Stored data
-.-.-

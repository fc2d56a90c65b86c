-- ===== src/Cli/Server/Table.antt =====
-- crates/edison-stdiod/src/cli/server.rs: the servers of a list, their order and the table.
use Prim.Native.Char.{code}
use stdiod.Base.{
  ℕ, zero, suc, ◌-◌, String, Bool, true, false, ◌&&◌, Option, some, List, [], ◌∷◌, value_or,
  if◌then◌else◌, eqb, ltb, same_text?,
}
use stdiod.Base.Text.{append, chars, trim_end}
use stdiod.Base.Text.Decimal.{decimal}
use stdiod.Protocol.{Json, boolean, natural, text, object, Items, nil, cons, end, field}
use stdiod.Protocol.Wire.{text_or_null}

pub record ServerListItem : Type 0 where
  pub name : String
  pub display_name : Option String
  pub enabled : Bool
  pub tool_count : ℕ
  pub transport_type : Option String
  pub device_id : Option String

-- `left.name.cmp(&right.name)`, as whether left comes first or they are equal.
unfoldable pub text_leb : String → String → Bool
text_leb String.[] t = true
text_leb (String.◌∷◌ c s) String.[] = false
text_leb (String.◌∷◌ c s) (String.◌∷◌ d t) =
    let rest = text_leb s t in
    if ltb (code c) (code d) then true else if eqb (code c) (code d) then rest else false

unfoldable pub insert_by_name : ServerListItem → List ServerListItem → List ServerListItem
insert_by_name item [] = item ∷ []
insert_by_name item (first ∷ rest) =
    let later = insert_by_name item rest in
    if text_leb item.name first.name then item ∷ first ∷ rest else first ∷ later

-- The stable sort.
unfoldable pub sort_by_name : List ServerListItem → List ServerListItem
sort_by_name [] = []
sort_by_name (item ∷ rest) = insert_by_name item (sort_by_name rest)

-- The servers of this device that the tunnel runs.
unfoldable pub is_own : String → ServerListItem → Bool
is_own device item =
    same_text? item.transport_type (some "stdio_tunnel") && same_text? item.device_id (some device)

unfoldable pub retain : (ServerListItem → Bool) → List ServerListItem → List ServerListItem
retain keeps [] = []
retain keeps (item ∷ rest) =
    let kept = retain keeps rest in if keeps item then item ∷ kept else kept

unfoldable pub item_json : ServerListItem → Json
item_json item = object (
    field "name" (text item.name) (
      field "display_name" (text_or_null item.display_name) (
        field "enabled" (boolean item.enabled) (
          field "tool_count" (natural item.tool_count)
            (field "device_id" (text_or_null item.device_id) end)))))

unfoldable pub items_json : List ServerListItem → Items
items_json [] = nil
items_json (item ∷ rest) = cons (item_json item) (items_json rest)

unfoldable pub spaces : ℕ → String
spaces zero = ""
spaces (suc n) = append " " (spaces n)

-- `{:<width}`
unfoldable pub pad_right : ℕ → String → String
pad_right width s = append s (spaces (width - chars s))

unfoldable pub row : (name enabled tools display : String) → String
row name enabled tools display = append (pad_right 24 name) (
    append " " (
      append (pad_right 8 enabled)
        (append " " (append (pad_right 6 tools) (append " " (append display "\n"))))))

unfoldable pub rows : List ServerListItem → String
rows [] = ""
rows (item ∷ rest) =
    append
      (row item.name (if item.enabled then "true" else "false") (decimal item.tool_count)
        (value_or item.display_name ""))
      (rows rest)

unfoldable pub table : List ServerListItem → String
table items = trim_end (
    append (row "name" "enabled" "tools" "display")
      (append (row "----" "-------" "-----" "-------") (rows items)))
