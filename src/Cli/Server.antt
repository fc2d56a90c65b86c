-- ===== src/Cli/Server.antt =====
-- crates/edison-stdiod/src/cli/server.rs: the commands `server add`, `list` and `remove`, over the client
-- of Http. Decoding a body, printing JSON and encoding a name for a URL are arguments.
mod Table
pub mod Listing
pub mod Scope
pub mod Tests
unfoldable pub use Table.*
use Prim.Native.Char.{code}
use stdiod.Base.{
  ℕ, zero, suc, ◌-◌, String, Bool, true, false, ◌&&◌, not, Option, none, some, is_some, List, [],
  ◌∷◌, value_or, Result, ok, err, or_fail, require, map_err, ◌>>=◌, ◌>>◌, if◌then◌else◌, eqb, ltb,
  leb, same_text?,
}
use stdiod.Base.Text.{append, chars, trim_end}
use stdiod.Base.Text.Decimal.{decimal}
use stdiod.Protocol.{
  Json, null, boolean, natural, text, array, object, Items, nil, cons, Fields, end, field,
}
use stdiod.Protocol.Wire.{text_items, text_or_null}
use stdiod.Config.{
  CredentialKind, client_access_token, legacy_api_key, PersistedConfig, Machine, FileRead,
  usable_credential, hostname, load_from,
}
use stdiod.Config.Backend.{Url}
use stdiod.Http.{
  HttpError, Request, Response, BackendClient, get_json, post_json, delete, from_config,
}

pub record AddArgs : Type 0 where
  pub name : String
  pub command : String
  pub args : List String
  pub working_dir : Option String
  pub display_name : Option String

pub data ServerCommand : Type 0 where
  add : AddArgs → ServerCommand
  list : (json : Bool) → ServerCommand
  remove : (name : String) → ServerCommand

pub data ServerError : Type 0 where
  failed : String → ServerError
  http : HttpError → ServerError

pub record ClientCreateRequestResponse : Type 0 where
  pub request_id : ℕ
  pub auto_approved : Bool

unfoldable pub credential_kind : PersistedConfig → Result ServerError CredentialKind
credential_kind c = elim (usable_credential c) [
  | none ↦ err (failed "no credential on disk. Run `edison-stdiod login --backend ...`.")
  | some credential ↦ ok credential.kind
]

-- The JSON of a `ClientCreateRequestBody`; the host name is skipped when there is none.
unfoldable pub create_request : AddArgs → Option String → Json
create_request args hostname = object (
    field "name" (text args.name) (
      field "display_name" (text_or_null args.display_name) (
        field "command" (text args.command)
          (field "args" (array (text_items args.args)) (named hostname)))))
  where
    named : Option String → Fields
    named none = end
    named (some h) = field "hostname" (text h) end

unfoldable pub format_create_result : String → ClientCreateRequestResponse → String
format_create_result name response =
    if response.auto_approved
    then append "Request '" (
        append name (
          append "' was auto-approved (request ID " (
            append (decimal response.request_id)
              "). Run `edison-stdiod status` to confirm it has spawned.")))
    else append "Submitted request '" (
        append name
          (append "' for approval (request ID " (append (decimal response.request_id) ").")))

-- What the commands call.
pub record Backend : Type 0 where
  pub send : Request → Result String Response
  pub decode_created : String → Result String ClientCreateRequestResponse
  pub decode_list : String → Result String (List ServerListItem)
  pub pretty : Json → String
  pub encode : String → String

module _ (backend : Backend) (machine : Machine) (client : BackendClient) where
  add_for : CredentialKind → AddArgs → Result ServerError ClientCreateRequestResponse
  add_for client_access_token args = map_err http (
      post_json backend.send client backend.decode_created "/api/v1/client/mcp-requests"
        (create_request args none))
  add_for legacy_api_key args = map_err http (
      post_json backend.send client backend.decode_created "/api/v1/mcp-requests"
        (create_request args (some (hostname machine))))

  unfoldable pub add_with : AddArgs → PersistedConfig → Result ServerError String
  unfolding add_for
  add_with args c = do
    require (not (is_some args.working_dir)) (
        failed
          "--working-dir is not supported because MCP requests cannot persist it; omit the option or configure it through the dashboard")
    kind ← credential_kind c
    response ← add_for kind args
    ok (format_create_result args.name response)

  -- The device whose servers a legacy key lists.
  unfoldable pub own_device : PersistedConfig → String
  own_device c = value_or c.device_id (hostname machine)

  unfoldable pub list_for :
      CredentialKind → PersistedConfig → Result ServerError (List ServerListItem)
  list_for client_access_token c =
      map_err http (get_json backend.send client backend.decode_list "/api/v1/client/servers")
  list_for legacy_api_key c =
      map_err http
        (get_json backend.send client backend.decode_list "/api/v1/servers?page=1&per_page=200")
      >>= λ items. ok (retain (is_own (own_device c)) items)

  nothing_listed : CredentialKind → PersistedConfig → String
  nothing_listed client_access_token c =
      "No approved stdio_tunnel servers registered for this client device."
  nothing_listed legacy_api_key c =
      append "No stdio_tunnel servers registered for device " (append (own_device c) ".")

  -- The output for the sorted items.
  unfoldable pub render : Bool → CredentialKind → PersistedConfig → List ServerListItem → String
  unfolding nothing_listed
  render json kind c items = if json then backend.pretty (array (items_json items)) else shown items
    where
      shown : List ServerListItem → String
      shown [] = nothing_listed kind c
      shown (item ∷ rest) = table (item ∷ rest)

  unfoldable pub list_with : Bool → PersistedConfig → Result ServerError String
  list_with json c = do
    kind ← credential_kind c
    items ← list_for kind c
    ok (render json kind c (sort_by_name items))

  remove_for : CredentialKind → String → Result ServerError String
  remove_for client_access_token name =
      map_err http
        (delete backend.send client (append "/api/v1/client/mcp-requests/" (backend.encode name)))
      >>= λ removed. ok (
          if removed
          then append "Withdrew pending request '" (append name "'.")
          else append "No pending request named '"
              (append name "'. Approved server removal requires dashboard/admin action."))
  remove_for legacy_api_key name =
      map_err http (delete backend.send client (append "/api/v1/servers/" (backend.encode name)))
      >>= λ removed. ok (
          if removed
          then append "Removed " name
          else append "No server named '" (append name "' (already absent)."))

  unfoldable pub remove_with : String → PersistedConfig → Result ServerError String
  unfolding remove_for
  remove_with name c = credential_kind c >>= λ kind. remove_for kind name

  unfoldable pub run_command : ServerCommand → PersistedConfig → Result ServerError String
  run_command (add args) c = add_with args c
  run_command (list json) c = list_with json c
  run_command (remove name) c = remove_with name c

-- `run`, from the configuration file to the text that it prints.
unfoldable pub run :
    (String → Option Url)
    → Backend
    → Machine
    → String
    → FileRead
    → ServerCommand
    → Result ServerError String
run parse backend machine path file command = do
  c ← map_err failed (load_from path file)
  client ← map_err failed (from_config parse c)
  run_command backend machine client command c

-.-.-

**Task directions**
As listed above, the lines from the line with "is_own device item" to the line with "-- crates/edison-stdiod/src/cli/server.rs: the commands" are to be echoed exactly, with both ends included and nothing added.

**Your solution**
is_own device item =
    same_text? item.transport_type (some "stdio_tunnel") && same_text? item.device_id (some device)

unfoldable pub retain : (ServerListItem → Bool) → List ServerListItem → List ServerListItem
retain keeps [] = []
retain keeps (item ∷ rest) =
    let kept = retain keeps rest in if keeps item then item ∷ kept else kept

unfoldable pub item_json : ServerListItem → Json
item_json item = object (
    field "name" (text item.name) (
      field "display_name" (text_or_null item.display_name) (
        field "enabled" (boolean item.enabled) (
          field "tool_count" (natural item.tool_count)
            (field "device_id" (text_or_null item.device_id) end)))))

unfoldable pub items_json : List ServerListItem → Items
items_json [] = nil
items_json (item ∷ rest) = cons (item_json item) (items_json rest)

unfoldable pub spaces : ℕ → String
spaces zero = ""
spaces (suc n) = append " " (spaces n)

-- `{:<width}`
unfoldable pub pad_right : ℕ → String → String
pad_right width s = append s (spaces (width - chars s))

unfoldable pub row : (name enabled tools display : String) → String
row name enabled tools display = append (pad_right 24 name) (
    append " " (
      append (pad_right 8 enabled)
        (append " " (append (pad_right 6 tools) (append " " (append display "\n"))))))

unfoldable pub rows : List ServerListItem → String
rows [] = ""
rows (item ∷ rest) =
    append
      (row item.name (if item.enabled then "true" else "false") (decimal item.tool_count)
        (value_or item.display_name ""))
      (rows rest)

unfoldable pub table : List ServerListItem → String
table items = trim_end (
    append (row "name" "enabled" "tools" "display")
      (append (row "----" "-------" "-----" "-------") (rows items)))
filename src/Cli/Server.antt
repository fc2d56a90c65b86c
-- ===== src/Cli/Server.antt =====
-- crates/edison-stdiod/src/cli/server.rs: the commands `server add`, `list` and `remove`, over the client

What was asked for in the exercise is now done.